Les agences de communication s’en donnent toujours plus à cœur joie lorsque vient le temps de nommer un nouveau lieu. Aux «Grands Voisins», «Groundcontrol» et à la «ferme du bonheur» succède à Pantin «la cité fertile». Les carottes poussent en pleine terre sur le terrain d’une ancienne gare dont les sols sont sans doute encore pollués ?
Pourtant, plus il est fait référence aux lieux, aux territoires, aux architectures, plus la novlangue qui porte ces nouveaux concepts les rend de moins en moins compréhensibles au plus grand nombre. Pour les non-architectes, parmi les «frontières» à dépasser pour une meilleure «irrigation» des «territoires» et des «publics», la langue reste une «structure porteuse» de «ségrégation culturelle et sociale». Parce que, surtout, la novlangue camoufle et enrobe le pas-beau-pas-propre ; c’est la chantilly qui planque le moelleux au chocolat trop cuit. Depuis que les nouveaux quartiers fleurissent à tout va dans la France entière, les critiques n’ont de cesse de s’insurger contre le vide que représentent ces nouveaux concepts qui cachent en réalité de piètres qualités constructives. Mais hourra-youpi-chouette, il y a une «recyclerie» à deux pas !

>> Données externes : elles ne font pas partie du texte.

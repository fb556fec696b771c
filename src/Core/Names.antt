-- ===== src/Core/Names.antt =====
-- crates/core/src/hierarchy.rs: slugs, and the slash-separated keys of work items.
pub mod Split
pub mod Keys
mod Tests
use agent_workboard.Prelude.{
  ℕ, Bool, true, false, not, ◌&&◌, ◌||◌, List, [], ◌∷◌, Text, len, is_ascii_lowercase,
  is_ascii_digit, is_empty, any, starts_with, ends_with, ltb, ◌==◌, Result, ok, err, ◌>>=◌, ◌>>◌,
  reject_if, is_ok, if◌then◌else◌,
}

pub record Slug : Type 0 where
  pub as_str : Text

pub record WorkItemKey : Type 0 where
  pub as_str : Text

pub data NameError : Type 0 where
  empty too_long invalid_slug invalid_key : NameError

pub is_slug_character : ℕ → Bool
unfolding is_ascii_lowercase is_ascii_digit
is_slug_character c = is_ascii_lowercase c || is_ascii_digit c || c == b'-'

pub new_slug : Text → Result Slug NameError
unfolding is_slug_character
new_slug value = do
  reject_if (is_empty value) empty
  reject_if (ltb 100 (len value)) too_long
  reject_if
      (starts_with value b'-' || ends_with value b'-' || any (λ c. not (is_slug_character c)) value)
      invalid_slug
  ok (record { as_str = value })

push_front : ℕ → List Text → List Text
push_front d [] = (d ∷ []) ∷ []
push_front d (p ∷ ps) = (d ∷ p) ∷ ps

-- `str::split(separator)`: the pieces between the separators, at least one.
pub split : ℕ → Text → List Text
unfolding push_front
split c [] = [] ∷ []
split c (d ∷ s) = if d == c then [] ∷ split c s else push_front d (split c s)

pub new_work_item_key : Text → Result WorkItemKey NameError
new_work_item_key value = do
  reject_if (is_empty value) empty
  reject_if (ltb 300 (len value)) too_long
  reject_if
      (starts_with value b'/'
        || ends_with value b'/'
        || any (λ segment. not (is_ok (new_slug segment))) (split b'/' value))
      invalid_key
  ok (record { as_str = value })
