-- ===== src/Core/Hierarchy.antt =====
-- crates/core/src/hierarchy.rs: who owns what, and in which state. An identifier (a uuid) is a
-- number, and so is an instant: the program only copies them, compares them and orders instants.
use agent_workboard.Prelude.{ℕ, List, Text}
use agent_workboard.Core.Names.{Slug, WorkItemKey}

abbrev pub Uuid : Type 0
Uuid = ℕ

abbrev pub Instant : Type 0
Instant = ℕ

pub data HierarchyOwner : Type 0 where
  workspace epic feature work_item : Uuid → HierarchyOwner

pub data WorkItemStatus : Type 0 where
  backlog ready in_progress blocked review done cancelled : WorkItemStatus

unfoldable pub WorkItemStatus-discrete : Discrete WorkItemStatus
WorkItemStatus-discrete = hlevel

pub record WorkItem : Type 0 where
  pub id : Uuid
  pub feature_id : Uuid
  pub key : WorkItemKey
  pub slug : Slug
  pub title : Text
  pub status : WorkItemStatus
  pub document_id : Uuid
  pub repository_ids : List Uuid

pub data CheckoutAccessMode : Type 0 where
  write_isolated read_only_shared : CheckoutAccessMode
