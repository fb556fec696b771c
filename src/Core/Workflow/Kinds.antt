-- ===== src/Core/Workflow/Kinds.antt =====
-- crates/core/src/workflow.rs: its other enumerations.
pub data WorkflowActor : Type 0 where
  user integration application reconciliation : WorkflowActor

pub data IntentStatus : Type 0 where
  pending approved executing succeeded failed expired cancelled : IntentStatus

pub data ManagedSessionRole : Type 0 where
  workspace_planning epic_navigation feature_planning : ManagedSessionRole
  work_item_execution debugging review : ManagedSessionRole

unfoldable pub ManagedSessionRole-discrete : Discrete ManagedSessionRole
ManagedSessionRole-discrete = hlevel

pub data NextActionKind : Type 0 where
  actionable blocked paused review delivery : NextActionKind

unfoldable pub NextActionKind-discrete : Discrete NextActionKind
NextActionKind-discrete = hlevel
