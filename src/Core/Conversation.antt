-- ===== src/Core/Conversation.antt =====
-- crates/core/src/conversation.rs: a provider and the identity that it gives to a conversation.
use agent_workboard.Prelude.{Text, is_blank, Result, ok, ◌>>◌, reject_if}

pub data Tool : Type 0 where
  claude codex : Tool

unfoldable pub Tool-discrete : Discrete Tool
Tool-discrete = hlevel

pub record ConversationRef : Type 0 where
  pub tool : Tool
  pub native_id : Text

pub data ConversationRefError : Type 0 where
  empty_native_id : ConversationRefError

unfoldable pub new_conversation_ref : Tool → Text → Result ConversationRef ConversationRefError
unfolding is_blank
new_conversation_ref tool native_id = do
  reject_if (is_blank native_id) empty_native_id
  ok (record { tool = tool; native_id = native_id })
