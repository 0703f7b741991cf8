-- ===== src/Lib.antt =====
-- The back end of a coffee shop: an HTTP service over a relational database. Cashiers open and close
-- shifts on a fund, move cash and hand it over; promotions discount invoices; ingredients are
-- reserved for orders and booked in and out of stock; guests sit at tables whose order lines are
-- prepared and served; requests that change state carry a key that makes them run once.
--
-- The parts and their files:
-- - Cash: src/app/cashier-shifts. Types has the tables of prisma/schema.prisma that it uses; Access
--   the shared queries and writes (common/prisma/employee.util.ts, cashier-shift-ledger.service.ts);
--   Handovers is cash-handovers.service.ts, Shifts is cashier-shifts.service.ts with
--   calculateReconciliation in Shifts/Reconciliation, Funds is funds.service.ts. Ledger is the
--   specification that all of them meet: `basis` is what a fund holds beyond its entries.
-- - Promotions: src/app/promotions. Policy is policies/promotion-policy.service.ts, Calculator is
--   services/promotion-calculator.service.ts, Service is promotions.service.ts with its repository;
--   Lawful and Runs are about sequences of requests.
-- - Durable: Idempotency is src/app/durable/idempotency.service.ts, Transaction the retry loop of
--   src/common/prisma/transaction.util.ts. Shift operations and stock movements run inside both.
-- - Inventory: src/app/inventory. Stock has the tables, services/inventory-costing.ts and a part of
--   the policy; Movement is services/inventory-movement.service.ts; Reservations and Consumption are
--   services/inventory-consumption.service.ts, which the order services call.
-- - Orders: src/app/orders. Types has the tables and Policy the checks; Seating (sessions, transfer,
--   merge, completion), Closing (cancelSession, clearTable), Split, Adding and Serving (statuses,
--   cancelItem, remakeItem) are orders.service.ts, and Pickup is the pickup codes of
--   takeaway.service.ts. Selection is src/app/menu/menu-option-selection.ts, Kitchen is
--   src/app/kitchen/kitchen-routing.service.ts. A line that starts to cook consumes its ingredients
--   in Inventory. History runs any sequence of these operations; Seated and Lines have what each
--   operation does to the tables and to the lines, and Floor is the specification of the tables: a
--   plan from a table to its session, and the events that change it.
-- - OnlineOrders: Pickup is src/app/online-orders/pickup-schedule.ts, on days given by their number.
-- - Prelude: tables with a primary key, results of requests, signed amounts.
--
-- Conventions: an operation is the body of its serializable transaction. It takes the state of the
-- tables and returns a new one, or the kind of the exception and no state, as a transaction that
-- throws rolls back. Times, texts and ids are numbers; `next_id` stands for the fresh uuid of a row.
-- Money is in hundredths and quantities are in ten-thousandths, the scales of their columns, so
-- that decimals are exact; the twenty significant digits that the decimal library keeps are not
-- modelled. `updateMany` with a count of one is `claim`, or `update_many`
-- after a test of the count. Unique indexes that the services rely on
-- are tests that fail as the service reports them. The CHECK constraints on promotions, on the cash
-- of a shift, and on funds and entries that the commands of a shift write are tests of the rows that
-- are written, which fail with `internal`. Case conversions, the comparison of names without
-- case, the hash of a request, the JSON of a result and the HMAC of a pickup code are parameters.
--
-- Loops are structural: over rows, over commands, in the retry loop over the attempts that are
-- left, which start at `maxRetries`, and over the slots of a day, of which there are at most as many
-- as minutes before closing; the theorem that every accepted time is offered shows that this many
-- rounds are enough.
--
-- Not modelled: controllers, validation of the shapes of requests, searches, pagination, the texts
-- of messages, notes and descriptions, the other CHECK constraints of the database, outbox events, the print jobs that orders queue, check-in of
-- reservations, and the parts that have no file here (the rest of online orders, of the kitchen and
-- of the menu, payments, invoices, reservations of tables, printing, reports, accounts and roles).
-- Concurrency is that of serializable transactions: one after the other, in any order.
pub mod Prelude
pub mod Cash
pub mod Promotions
pub mod Durable
pub mod Inventory
pub mod OnlineOrders
pub mod Orders
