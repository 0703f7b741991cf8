-- ===== src/Cash.antt =====
-- Cash control: src/app/cashier-shifts. One module for the tables, then one per service, each
-- with its laws below it.
pub mod Types
pub mod Access
pub mod Ledger
pub mod Handovers
pub mod Shifts
pub mod Funds
mod Tests
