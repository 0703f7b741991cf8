-- ===== src/Prelude/Table.antt =====
-- Tables of a database as lists of rows with a primary key, and the queries of the ORM on them.
use Prim.Native.Nat.{ℕ}
use mathlib.Core.Path.{◌≡◌, refl, subst, sym}
use mathlib.Core.Bool.{true, Bool}
use mathlib.Core.Logic.{inl, inr}
use mathlib.Core.Option
use mathlib.Core.Option.{Option, none, some}
use mathlib.Core.List.{List, [], ◌∷◌, ◌++◌}
use native.Mathlib.Omega.{arith}
use coffee_shop_be.Prelude.Tests.{◌==◌, if◌then◌else◌, Bool-cases}

-- `findFirst` on other columns.
unfoldable pub first : {A : Type 0} → (A → Bool) → List A → Option A
first cond [] = none
first cond (r ∷ rows) = if cond r then some r else first cond rows

-- `updateMany`; the rows that meet the condition are its count.
unfoldable pub update_many : {A : Type 0} → (A → Bool) → (A → A) → List A → List A
update_many cond f [] = []
update_many cond f (r ∷ rows) =
    let rest = update_many cond f rows in if cond r then f r ∷ rest else r ∷ rest

module _ {A : Type 0} (key : A → ℕ) where
  -- `findUnique` by primary key.
  unfoldable pub find : ℕ → List A → Option A
  find k [] = none
  find k (r ∷ rows) = if key r == k then some r else find k rows

  -- `update` by primary key, which is unique: the row that `find` finds.
  unfoldable pub update : ℕ → (A → A) → List A → List A
  update k f [] = []
  update k f (r ∷ rows) = let rest = update k f rows in if key r == k then f r ∷ rows else r ∷ rest

  -- `updateMany` on one key and more conditions; `none` is a count other than 1.
  unfoldable pub claim : ℕ → (A → Bool) → (A → A) → List A → Option (List A)
  claim k cond f rows = elim (find k rows) [
    | none ↦ none
    | some r ↦ if cond r then some (update k f rows) else none
  ]

  pub find-update_many :
      (k : ℕ) (cond : A → Bool) (f : A → A) (rows : List A)
      → ((r : A) → key (f r) ≡ key r)
      → find k (update_many cond f rows) ≡ Option.map (λ r. if cond r then f r else r) (find k rows)
  unfolding find update_many
  find-update_many k cond f [] h = refl
  find-update_many k cond f (r ∷ rows) h = ground (arith, h r, find-update_many k cond f rows h)

  -- A new row at the end shadows no row.
  pub find-append :
      (k : ℕ) {s : A} (rows more : List A) → find k rows ≡ some s → find k (rows ++ more) ≡ some s
  unfolding find
  find-append k {s} [] more e = ground arith
  find-append k {s} (r ∷ rows) more e = ground (arith, find-append k {s = s} rows more)

  pub find-update :
      (j k : ℕ) (f : A → A) (rows : List A)
      → ((r : A) → key (f r) ≡ key r)
      → find j (update k f rows) ≡ (if j == k then Option.map f (find j rows) else find j rows)
  unfolding find update
  find-update j k f [] h = ground arith
  find-update j k f (r ∷ rows) h = ground (arith, h r, find-update j k f rows h)

  pub find-update_self :
      (k : ℕ) (f : A → A) {s : A} (rows : List A)
      → ((r : A) → key (f r) ≡ key r)
      → find k rows ≡ some s
      → find k (update k f rows) ≡ some (f s)
  unfolding find update
  find-update_self k f {s} [] h e = ground arith
  find-update_self k f {s} (r ∷ rows) h e = ground (arith, h r, find-update_self k f {s = s} rows h)

  -- A row that is found has the key that was looked up.
  pub find-key : (k : ℕ) {s : A} (rows : List A) → find k rows ≡ some s → key s ≡ k
  unfolding find
  find-key k {s} [] e = ground arith
  find-key k {s} (r ∷ rows) e = ground (arith, find-key k {s = s} rows)

-- Every row of a table satisfies `P`.
abbrev pub All : {A : Type 0} → (A → Type 0) → List A → Type 0
All P [] = Unit
All P (r ∷ rows) = P r × All P rows

module _ {A : Type 0} (P : A → Type 0) where
  pub All-find :
      (key : A → ℕ) (k : ℕ) {r : A} (rows : List A) → All P rows → find key k rows ≡ some r → P r
  unfolding find
  All-find key k {r} [] a e = ground arith
  All-find key k {r} (x ∷ rows) a e = ground (arith, All-find key k {r = r} rows a.1)

  pub All-update :
      (key : A → ℕ) (k : ℕ) (f : A → A) {s : A} (rows : List A)
      → All P rows
      → find key k rows ≡ some s
      → P (f s)
      → All P (update key k f rows)
  unfolding update find
  All-update key k f [] a e h = tt
  All-update key k f {s} (x ∷ rows) a e h = elim (Bool-cases (key x == k)) [
    | inl same ↦ rw same (let e' : x ≡ s = ground arith in (subst (λ y. P (f y)) (sym e') h, a.1))
    | inr other ↦ rw other (a.0, All-update key k f {s = s} rows a.1 (ground arith) h)
  ]

-- A claim that succeeds found a row that met its condition, and updated it.
claimed :
    {A B : Type 0} (cond : A → Bool) (o : Option A) (v : B) {w : B}
    → (elim o [ none ↦ none | some r ↦ if cond r then some v else none ]) ≡ some w
    → (r : A) × (o ≡ some r) × (cond r ≡ true) × (w ≡ v)
claimed cond none v e = cc
claimed cond (some r) v e = (r, refl, ground arith, ground arith)

pub claim-eq_some :
    {A : Type 0} (key : A → ℕ) (k : ℕ) (cond : A → Bool) (f : A → A) (rows : List A)
    {rows' : List A}
    → claim key k cond f rows ≡ some rows'
    → (r : A) × (find key k rows ≡ some r) × (cond r ≡ true) × (rows' ≡ update key k f rows)
unfolding claim
claim-eq_some key k cond f rows e = claimed cond (find key k rows) (update key k f rows) e
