-- ===== src/Prelude/Http.antt =====
-- The result of a request: a value, or one of the framework's exceptions. The texts of the
-- messages carry no logic and are left out.
use mathlib.Core.Bool.{Bool, true, false}
use mathlib.Core.Path.{◌≡◌, refl}
use mathlib.Core.Logic.{◌⊎◌, inl, inr}
use coffee_shop_be.Prelude.Tests.{if◌then◌else◌}
use mathlib.Core.Option.{Option, none, some}

pub data HttpError : Type 0 where
  unauthorized bad_request forbidden not_found conflict internal : HttpError

pub data Result {ℓ} (A : Type ℓ) : Type ℓ where
  ok : A → Result A
  err : HttpError → Result A

infixl 5 ◌>>=◌ ◌>>◌
abbrev pub ◌>>=◌ {ℓ κ} : {A : Type ℓ} {B : Type κ} → Result A → (A → Result B) → Result B
err thrown >>= next = err thrown
ok value >>= next = next value

abbrev pub ◌>>◌ {ℓ} : {B : Type ℓ} → Result (Unit {0}) → Result B → Result B
check >> next = check >>= λ _. next

-- `if (!test) throw e`.
abbrev pub guard : Bool → HttpError → Result (Unit {0})
guard false thrown = err thrown
guard true thrown = ok tt

-- `if (test) throw e`.
abbrev pub throw_if : Bool → HttpError → Result (Unit {0})
throw_if true e = err e
throw_if false e = ok tt

abbrev pub or_throw : {A : Type 0} → Option A → HttpError → Result A
or_throw none e = err e
or_throw (some a) e = ok a

-- Inversion of a successful step, where the later steps stay shut.
pub >>=-eq_ok :
    {A B : Type 0} (step : Result A) (next : A → Result B) {last : B}
    → (step >>= next) ≡ ok last
    → (value : A) × (step ≡ ok value) × (next value ≡ ok last)
>>=-eq_ok (err thrown) next e = cc
>>=-eq_ok (ok value) next e = (value, refl, e)

pub or_throw-eq_ok :
    {A B : Type 0} (o : Option A) (e : HttpError) (k : A → Result B) {b : B}
    → (or_throw o e >>= k) ≡ ok b
    → (a : A) × (o ≡ some a) × (k a ≡ ok b)
or_throw-eq_ok none e k h = cc
or_throw-eq_ok (some a) e k h = (a, refl, h)

pub or_throw-some :
    {A : Type 0} (o : Option A) (e : HttpError) {a : A} → or_throw o e ≡ ok a → o ≡ some a
or_throw-some none e h = cc
or_throw-some (some a) e h = cc

pub guard-eq_ok :
    {B : Type 0} (test : Bool) (e : HttpError) (k : Result B) {b : B}
    → (guard test e >> k) ≡ ok b
    → (test ≡ true) × (k ≡ ok b)
guard-eq_ok true e k h = (refl, h)
guard-eq_ok false e k h = cc

pub throw_if-eq_ok :
    {B : Type 0} (test : Bool) (e : HttpError) (k : Result B) {b : B}
    → (throw_if test e >> k) ≡ ok b
    → (test ≡ false) × (k ≡ ok b)
throw_if-eq_ok true e k h = cc
throw_if-eq_ok false e k h = (refl, h)

-- The branch that a result comes from.
pub if-eq_ok :
    {A : Type 0} (test : Bool) (yes_branch no_branch : Result A) {a : A}
    → (if test then yes_branch else no_branch) ≡ ok a
    → ((test ≡ true) × (yes_branch ≡ ok a)) ⊎ ((test ≡ false) × (no_branch ≡ ok a))
if-eq_ok true yes_branch no_branch e = inl (refl, e)
if-eq_ok false yes_branch no_branch e = inr (refl, e)

pub ok_injective : {A : Type 0} {a b : A} → ok a ≡ ok b → a ≡ b
ok_injective e = cc

pub Result-cases :
    {A : Type 0} (r : Result A) → ((e : HttpError) × (r ≡ err e)) ⊎ ((a : A) × (r ≡ ok a))
Result-cases (ok a) = inr (a, refl)
Result-cases (err e) = inl (e, refl)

Dans les consultations lancées par la Ville de Paris ces derniers mois, les aménageurs entérinent avec entrain la mort de la voiture dans Paris d’ici 2020. Plus aucun parking, même les voies de circulations automobiles sont sucrées au prétexte que les politiques ont décidé la mort des véhicules moteurs. C’est vrai que tous les Parisiens se déplacent uniquement à vélos et en trottinettes électriques, c’est bien connu. Les phrases sont bien tournées : «Quant à la boucle de circulation entourant le quartier, elle est maintenue pour la desserte en ‘zone de rencontre’ et se mue en un paysage à vivre».